Internationaler Strafgerichtshof: Karim Khan tritt vorübergehend zurück
Dem Chefankläger des Internationalen Strafgerichtshofs wird sexuelle Belästigung vorgeworfen. Eine Untersuchung läuft.
Die Vorwürfe gegen Khan wurden am Gerichtshof erstmals vor einem Jahr laut. Eine interne Untersuchung wurde nach wenigen Tagen eingestellt, weil sie zu dem Schluss kam, ein Fehlverhalten Khans läge nicht vor. Zudem wollte die entsprechende Frau keine Anzeige erstatten. Khan hat die Vorwürfe, wonach er die Mitarbeiterin unter anderem auf Dienstreisen zu sexuellen Handlungen gedrängt haben soll, von Beginn an entschieden bestritten.
Nach Ansicht des Chefanklägers sind sie Teil von gegen ihn gerichteten Angriffen und Drohungen – mit dem Ziel, seine Ermittlungen zu behindern und die Glaubwürdigkeit des Strafgerichtshofs zu untergraben.
Als die Vorwürfe vor genau einem Jahr erstmals bekannt wurden, geschah dies kurz vor Khans Ankündigung von Haftbefehlen gegen den israelischen Premier Benjamin Netanjahu und seinen einstigen Verteidigungsminister Joav Galant sowie die drei Hamas-Führer Mohammed Deif, Ismail Hanijeh und Jahia Sinwar wegen Kriegsverbrechen und Verbrechen gegen die Menschlichkeit. Im November wurden diese schließlich erlassen.
Seitdem hat die Frage, ob der Haftbefehl gegen Netanjahu tatsächlich umgesetzt würde, zu Turbulenzen in den internationalen Beziehungen geführt. Europäische Regierungschefs wie Friedrich Merz bekräftigten, Netanjahu auf ihrem Territorium nicht zu verhaften; in Frankreich stritt man über dessen vermeintliche „Immunität“.
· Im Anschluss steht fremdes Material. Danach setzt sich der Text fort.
-- ===== src/LogScanner/Filter.antt =====
-- src/log_scanner/filter.rs: the noise rules. The `regex` crate is a parameter: `escape`, and a
-- pattern with `is_match`.
use sentinalysis.Base.{
  Bool, List, Option, Text, [], any, codes, contains, false, if◌then◌else◌, is_nil, map, none, some,
  text_eq, true, ◌++◌, ◌∷◌,
}
use sentinalysis.LogScanner.Entry.{IpAddr, ParsedLogEntry, ip_eq}
use sentinalysis.Hub.Auth.Key.{Matcher}

pub record NoiseFilterConfig : Type 0 where
  pub excluded_ips : List IpAddr
  pub health_check_paths : List Text
  pub static_asset_extensions : List Text
  pub known_bot_user_agents : List Text

pub record NoiseFilter : Type 0 where
  pub excluded_ips : List IpAddr
  pub health_check_paths : List Text
  pub static_asset_pattern : Text
  pub bot_user_agents : List Text
  pub scanner_paths : Text

pub data FilterResult : Type 0 where
  keep : FilterResult
  exclude aggregate flag_security : Text → FilterResult

unfoldable pub extension_pattern : (Text → Text) → Text → Text
extension_pattern escape ext =
    if contains ext (codes ".") then escape ext else codes "\\." ++ escape ext

-- `join("|")`
abbrev pub join_bar : List Text → Text
join_bar [] = []
join_bar (t ∷ []) = t
join_bar (t ∷ u ∷ ts) = t ++ (codes "|" ++ join_bar (u ∷ ts))

unfoldable pub from_config : (Text → Text) → NoiseFilterConfig → NoiseFilter
unfolding extension_pattern
from_config escape config = record {
  excluded_ips = config.excluded_ips;
  health_check_paths = config.health_check_paths;
  static_asset_pattern =
      if is_nil config.static_asset_extensions
      then codes "$^"
      else codes "(?:"
        ++ (join_bar (map (extension_pattern escape) config.static_asset_extensions) ++ codes ")$");
  bot_user_agents = map escape config.known_bot_user_agents;
  scanner_paths =
      codes "(/wp-admin|/wp-login|/phpmyadmin|/\\.env|/\\.git|/admin\\.php|/xmlrpc\\.php)";
}

-- `is_some_and`, the test of an `if let` chain.
abbrev pub holds_on {ℓ} : {A : Type ℓ} → (A → Bool) → Option A → Bool
holds_on p none = false
holds_on p (some a) = p a

abbrev pub text_or_empty : Option Text → Text
text_or_empty none = []
text_or_empty (some t) = t

unfoldable pub evaluate : Matcher → NoiseFilter → ParsedLogEntry → FilterResult
unfolding text_eq
evaluate is_match filter entry =
    let ip = entry.metadata.client_ip in
    let path = entry.metadata.request_path in
    let ua = entry.metadata.user_agent in
    if holds_on (λ i. any (ip_eq i) filter.excluded_ips) ip
    then exclude (codes "excluded IP")
    else if holds_on (λ p. any (λ h. text_eq h p) filter.health_check_paths) path
    then aggregate (codes "health check")
    else if holds_on (is_match filter.scanner_paths) path
    then flag_security (codes "scanner path: " ++ text_or_empty path)
    else if holds_on (is_match filter.static_asset_pattern) path
    then aggregate (codes "static asset")
    else if holds_on (λ u. any (λ b. is_match b u) filter.bot_user_agents) ua
    then aggregate (codes "bot: " ++ text_or_empty ua)
    else keep

unfoldable pub should_store : FilterResult → Bool
should_store (exclude reason) = false
should_store _ = true

unfoldable pub is_security_flag : FilterResult → Bool
is_security_flag (flag_security reason) = true
is_security_flag _ = false
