-- ===== src/LogScanner/Classifier/Threat.antt =====
-- src/log_scanner/classifier/mod.rs: threat levels and categories.
use sentinalysis.Base.{Bool, Text, codes, false, if◌then◌else◌, refl, text_eq, true, ℕ, ◌==◌, ◌≡◌}

pub data ThreatLevel : Type 0 where
  none_level low medium high critical_level : ThreatLevel

unfoldable pub threat_level_str : ThreatLevel → Text
threat_level_str none_level = codes "none"
threat_level_str low = codes "low"
threat_level_str medium = codes "medium"
threat_level_str high = codes "high"
threat_level_str critical_level = codes "critical"

unfoldable pub threat_level_from_db : Text → ThreatLevel
threat_level_from_db value =
    if text_eq value (codes "low")
    then low
    else if text_eq value (codes "medium")
    then medium
    else if text_eq value (codes "high")
    then high
    else if text_eq value (codes "critical")
    then critical_level
    else none_level

-- The derived order.
abbrev pub rank : ThreatLevel → ℕ
rank none_level = 0
rank low = 1
rank medium = 2
rank high = 3
rank critical_level = 4

pub data ThreatCategory : Type 0 where
  sql_injection xss path_traversal command_injection brute_force : ThreatCategory
  scanner sensitive_file tls_error suspicious_pattern : ThreatCategory

unfoldable pub category_str : ThreatCategory → Text
category_str sql_injection = codes "sql-injection"
category_str xss = codes "xss"
category_str path_traversal = codes "path-traversal"
category_str command_injection = codes "command-injection"
category_str brute_force = codes "brute-force"
category_str scanner = codes "scanner"
category_str sensitive_file = codes "sensitive-file"
category_str tls_error = codes "tls-error"
category_str suspicious_pattern = codes "suspicious-pattern"

unfoldable pub severity : ThreatCategory → ThreatLevel
severity command_injection = critical_level
severity sql_injection = high
severity xss = high
severity path_traversal = high
severity scanner = high
severity brute_force = medium
severity sensitive_file = medium
severity tls_error = low
severity suspicious_pattern = low

unfoldable pub is_strong : ThreatCategory → Bool
is_strong command_injection = true
is_strong sql_injection = true
is_strong scanner = true
is_strong _ = false

-- The position in the declaration, which tells categories apart.
abbrev pub category_index : ThreatCategory → ℕ
category_index sql_injection = 0
category_index xss = 1
category_index path_traversal = 2
category_index command_injection = 3
category_index brute_force = 4
category_index scanner = 5
category_index sensitive_file = 6
category_index tls_error = 7
category_index suspicious_pattern = 8

unfoldable pub category_eq : ThreatCategory → ThreatCategory → Bool
category_eq a b = category_index a == category_index b

-- A stored threat level reads back as itself.
pub threat_level_from_db-threat_level_str :
    (l : ThreatLevel) → threat_level_from_db (threat_level_str l) ≡ l
unfolding threat_level_from_db threat_level_str text_eq
threat_level_from_db-threat_level_str none_level = refl
threat_level_from_db-threat_level_str low = refl
threat_level_from_db-threat_level_str medium = refl
threat_level_from_db-threat_level_str high = refl
threat_level_from_db-threat_level_str critical_level = refl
Ungarn, wo Premier Orbán Netanjahu als Erster den Rücken stärkte, kündigte anlässlich Netanjahus Besuch vor wenigen Wochen gar seine Mitgliedschaft im IStGH auf.
Der Gerichtshof, der 2027 sein 25-jähriges Jubiläum begeht, befindet sich derzeit ohnehin in einer schwierigen Lage: Laut einem AP-Bericht Mitte Mai hat Khan wegen der US-Sanktionen keinen Zugang mehr zu seinen E-Mails und Bankkonten. Und US-amerikanischem IStGH-Personal droht wohl bei einer Einreise die Verhaftung. Durch die Sanktionen soll der Gerichtshof derzeit kaum funktionsfähig sein.